**TASK PROMPT:** Check each line of the data for "refl", then give the number of lines that have it, without any other words.

□ □ □ □ □ □ □

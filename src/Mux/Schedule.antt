-- ===== src/Mux/Schedule.antt =====
-- mux.go: how often a job that keeps failing is tried, and how its retry time runs out.
pub mod Rounds
use pepperbus.Base.{
  ℕ, zero, suc, ◌+◌, ◌*◌, ◌^◌, ◌≤◌, ◌<◌, ◌≡◌, refl, ap, ◌∙◌, Bool, true, false, ◌&&◌, arith, ltb,
  List, [], ◌∷◌, length,
}
use pepperbus.Base.Int.{ℤ, pos, sub_ℕ, int64, ◌+ℤ◌, ◌-ℤ◌, ◌*ℤ◌, ltb_ℤ, leb_ℤ}
use pepperbus.Job.{Job}
use pepperbus.Storage.{stamp}
use pepperbus.Mux.{mark_attempt, begin, with_time, wait_of, spend, is_due}
use pepperbus.Mux.Types.{TopicRetry}

-- A job in the retry queue after an attempt that failed, and after checks that came too early, with
-- the times of the checks, the latest first.
unfoldable pub returned : TopicRetry → ℤ → List ℤ → Job → Job
returned conf now [] job = stamp true (mark_attempt conf now job)
returned conf now (e ∷ early) job = stamp true (with_time e (begin (returned conf now early job)))

-- The job at its next check.
abbrev pub waiting : TopicRetry → ℤ → List ℤ → Job → Job
waiting conf now early job = begin (returned conf now early job)

-- From one attempt that fails to the next: the job is marked, put into the retry queue, and put
-- back once it is due.
unfoldable pub cycle : TopicRetry → ℤ → List ℤ → ℤ → Job → Job
cycle conf now early later job =
    let first = waiting conf now early job in spend (wait_of first) (with_time later first)

with_time_same :
    (now : ℤ) (job : Job)
    → ((with_time now job).retry_times ≡ job.retry_times)
      × ((with_time now job).is_retry ≡ job.is_retry)
      × ((with_time now job).begin_retry ≡ job.begin_retry)
      × ((with_time now job).retry_residue_time ≡ job.retry_residue_time)
unfolding with_time
with_time_same now job = ground arith

-- The checks that come too early change nothing that counts.
returned_same :
    (conf : TopicRetry) (now : ℤ) (early : List ℤ) (job : Job)
    → let first = mark_attempt conf now job in
      let left = returned conf now early job in
      (left.retry_times ≡ first.retry_times)
      × (left.is_retry ≡ first.is_retry)
      × (left.retry_residue_time ≡ first.retry_residue_time)
unfolding returned
returned_same conf now [] job = (refl, refl, refl)
returned_same conf now (e ∷ early) job =
    let (times, may, begun, residue) = with_time_same e (begin (returned conf now early job)) in
    let (times', may', residue') = returned_same conf now early job in
    (times ∙ times', may ∙ may', residue ∙ residue')

-- The waits before attempt k + 1 together: 0 + 30 + 60 + …
pub waited : ℕ → ℕ
waited zero = 0
waited (suc k) = waited k + 30 * k

waited_closed : (k : ℕ) → waited (suc k) ≡ 15 * (k * (k + 1))
unfolding waited
waited_closed zero = refl
waited_closed (suc k) = grind (arith, waited_closed k)

-- The wait after attempt k + 1, while the counter is far from the end of int64.
wait_of_attempt :
    (k : ℕ) (job : Job) → job.retry_times ≡ pos (suc k) → k < 2 ^ 48 → wait_of job ≡ pos (30 * k)
unfolding wait_of int64 ◌-ℤ◌ ◌*ℤ◌
wait_of_attempt k job e h = rw e (ground arith)

with_time_set :
    (n : ℕ) (later : ℤ) (job : Job) → job.retry_time ≡ pos n → 0 < n → with_time later job ≡ job
unfolding with_time
with_time_set n later job e known = rw e (ground arith)

add_small : (a b : ℕ) → a + b < 2 ^ 62 → int64 (pos a +ℤ pos b) ≡ pos (a + b)
unfolding int64 ◌+ℤ◌
add_small a b h = ground arith

returned_time :
    (conf : TopicRetry) (n : ℕ) (early : List ℤ) (job : Job)
    → 0 < n
    → (returned conf (pos n) early job).retry_time ≡ pos n
unfolding returned mark_attempt
returned_time conf n [] job known = refl
returned_time conf n (e ∷ early) job known =
    let before = returned_time conf n early job known in
    ap Job.retry_time (with_time_set n e (begin (returned conf (pos n) early job)) before known)
    ∙ before

count_up : (z : ℤ) (n : ℕ) → z ≡ pos n → n < 2 ^ 60 → int64 (z +ℤ pos 1) ≡ pos (suc n)
unfolding int64 ◌+ℤ◌
count_up z n e h = rw e (ground arith)

take_off :
    (z : ℤ) (budget spent d : ℕ)
    → z ≡ sub_ℕ budget spent
    → budget < 2 ^ 62
    → spent + d < 2 ^ 62
    → int64 (z -ℤ pos d) ≡ sub_ℕ budget (spent + d)
unfolding int64 ◌-ℤ◌
take_off z budget spent d e h k = rw e (ground arith)

sub_nothing : (n : ℕ) → pos n ≡ sub_ℕ n 0
sub_nothing n = ground arith

cycle_first :
    (conf : TopicRetry) (now later : ℤ) (early : List ℤ) (budget : ℕ) (job : Job)
    → conf.retry_time ≡ pos budget
    → budget < 2 ^ 62
    → job.retry_times ≡ pos 0
    → job.begin_retry ≡ false
    → let next = cycle conf now early later job in
      (next.retry_times ≡ pos 1)
      × (next.begin_retry ≡ true)
      × (next.retry_residue_time ≡ sub_ℕ budget (waited 1))
unfolding cycle mark_attempt spend waited
cycle_first conf now later early budget job b small fresh not_begun =
    let first = waiting conf now early job in
    let (times, may, residue) = returned_same conf now early job in
    let (same_times, same_may, same_begun, same_residue) = with_time_same later first in
    let up = times ∙ count_up job.retry_times 0 fresh (omega arith) in
    let wait = wait_of_attempt 0 first up (omega arith) in
    let unspent : first.retry_residue_time ≡ sub_ℕ budget 0 =
      residue ∙ rw not_begun (b ∙ sub_nothing budget) in
    (
      same_times ∙ up,
      same_begun,
      ap (λ w. int64 ((with_time later first).retry_residue_time -ℤ w)) wait
          ∙ take_off _ budget 0 0 (same_residue ∙ unspent) small (omega arith),
    )

cycle_next :
    (conf : TopicRetry) (now later : ℤ) (early : List ℤ) (budget spent k : ℕ) (job : Job)
    → budget < 2 ^ 62
    → spent < 2 ^ 60
    → k < 2 ^ 40
    → job.retry_times ≡ pos (suc k)
    → job.begin_retry ≡ true
    → job.retry_residue_time ≡ sub_ℕ budget spent
    → let next = cycle conf now early later job in
      (next.retry_times ≡ pos (suc (suc k)))
      × (next.begin_retry ≡ true)
      × (next.retry_residue_time ≡ sub_ℕ budget (spent + 30 * suc k))
unfolding cycle mark_attempt spend
cycle_next conf now later early budget spent k job small few short tried begun left =
    let first = waiting conf now early job in
    let (times, may, residue) = returned_same conf now early job in
    let up = times ∙ count_up job.retry_times (suc k) tried (omega arith) in
    let (same_times, same_may, same_begun, same_residue) = with_time_same later first in
    let wait = wait_of_attempt (suc k) first up (omega arith) in
    let unspent : first.retry_residue_time ≡ sub_ℕ budget spent = residue ∙ rw begun left in
    (
      same_times ∙ up,
      same_begun,
      ap (λ w. int64 ((with_time later first).retry_residue_time -ℤ w)) wait
          ∙ take_off _ budget spent (30 * suc k) (same_residue ∙ unspent) small (omega arith),
    )

waited-le : (k : ℕ) → k ≤ 2 ^ 20 → waited k ≤ 31457280 * k
unfolding waited
waited-le zero h = omega arith
waited-le (suc k) h = omega (arith, waited-le k (omega arith))

-- The attempts that failed and the checks that a job has behind it, with the times of each, the
-- latest first.
unfoldable pub cycles : TopicRetry → List (ℤ × List ℤ × ℤ) → Job → Job
cycles conf [] job = job
cycles conf ((now, early, later) ∷ ts) job = cycle conf now early later (cycles conf ts job)

abbrev Spent : ℕ → ℕ → Job → Type 0
Spent budget zero job = (job.retry_times ≡ pos 0) × (job.begin_retry ≡ false)
Spent budget (suc k) job =
    (job.retry_times ≡ pos (suc k))
    × (job.begin_retry ≡ true)
    × (job.retry_residue_time ≡ sub_ℕ budget (waited (suc k)))

-- Whether the retry loop may put a job back.
abbrev pub granted : Job → Bool
granted job = job.is_retry && ltb_ℤ (pos 0) job.retry_residue_time

module _ (conf : TopicRetry) (budget : ℕ) (configured : conf.retry_time ≡ pos budget)
    (small : budget < 2 ^ 62) where
  cycle-Spent :
      (k : ℕ) (now later : ℤ) (early : List ℤ) (job : Job)
      → k < 2 ^ 20
      → Spent budget k job
      → Spent budget (suc k) (cycle conf now early later job)
  unfolding waited
  cycle-Spent zero now later early job h (fresh, not_begun) =
      cycle_first conf now later early budget job configured small fresh not_begun
  cycle-Spent (suc k) now later early job h (tried, begun, left) =
      cycle_next conf now later early budget (waited (suc k)) k job small
        (omega (arith, waited-le (suc k))) (omega arith) tried begun left

  cycles-Spent :
      (ts : List (ℤ × List ℤ × ℤ)) (job : Job)
      → length ts ≤ 2 ^ 20
      → Spent budget 0 job
      → Spent budget (length ts) (cycles conf ts job)
  unfolding cycles
  cycles-Spent [] job h fresh = fresh
  cycles-Spent ((now, early, later) ∷ ts) job h fresh =
      cycle-Spent (length ts) now later early _ (omega arith)
        (cycles-Spent ts job (omega arith) fresh)

  granted_after :
      (k : ℕ) (now : ℤ) (early : List ℤ) (job : Job)
      → Spent budget k job
      → granted (waiting conf now early job) ≡ (conf.is_retry && ltb (waited k) budget)
  unfolding mark_attempt waited
  granted_after zero now early job (fresh, not_begun) =
      ground (arith, returned_same conf now early job)
  granted_after (suc k) now early job (tried, begun, left) =
      ground (arith, returned_same conf now early job)

  -- Whether the retry time of a job that failed once more is used up.
  pub cycles-granted :
      (ts : List (ℤ × List ℤ × ℤ)) (now : ℤ) (early : List ℤ) (job : Job)
      → length ts ≤ 2 ^ 20
      → job.retry_times ≡ pos 0
      → job.begin_retry ≡ false
      → granted (waiting conf now early (cycles conf ts job))
        ≡ (conf.is_retry && ltb (waited (length ts)) budget)
  cycles-granted ts now early job few fresh not_begun =
      granted_after (length ts) now early _ (cycles-Spent ts job few (fresh, not_begun))

  waiting-wait_of :
      (k : ℕ) (now : ℤ) (early : List ℤ) (job : Job)
      → k ≤ 2 ^ 20
      → Spent budget k job
      → wait_of (waiting conf now early job) ≡ pos (30 * k)
  unfolding mark_attempt
  waiting-wait_of zero now early job h (fresh, not_begun) =
      let (times, may, residue) = returned_same conf now early job in
      wait_of_attempt zero (waiting conf now early job)
        (times ∙ count_up job.retry_times zero fresh (omega arith)) (omega arith)
  waiting-wait_of (suc k) now early job h (tried, begun, left) =
      let (times, may, residue) = returned_same conf now early job in
      wait_of_attempt (suc k) (waiting conf now early job)
        (times ∙ count_up job.retry_times (suc k) tried (omega arith)) (omega arith)

  -- A job that failed once more at a time is due the wait of its attempt later.
  pub cycles-is_due :
      (ts : List (ℤ × List ℤ × ℤ)) (n : ℕ) (early : List ℤ) (later : ℤ) (job : Job)
      → length ts ≤ 2 ^ 20
      → job.retry_times ≡ pos 0
      → job.begin_retry ≡ false
      → 0 < n
      → n < 2 ^ 40
      → is_due later (with_time later (waiting conf (pos n) early (cycles conf ts job)))
        ≡ leb_ℤ (pos (n + 30 * length ts)) later
  unfolding is_due with_time mark_attempt
  cycles-is_due ts n early later job few fresh not_begun known soon =
      let first = waiting conf (pos n) early (cycles conf ts job) in
      let at = returned_time conf n early (cycles conf ts job) known in
      let wait =
        waiting-wait_of (length ts) (pos n) early (cycles conf ts job) few
          (cycles-Spent ts job few (fresh, not_begun)) in
      let set = with_time_set n later first at known in
      rw (set, wait, at) (ap (λ z. leb_ℤ z later) (add_small n (30 * length ts) (omega arith)))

□ □ □ □ □ □ □

**WRITTEN ANSWER:** 4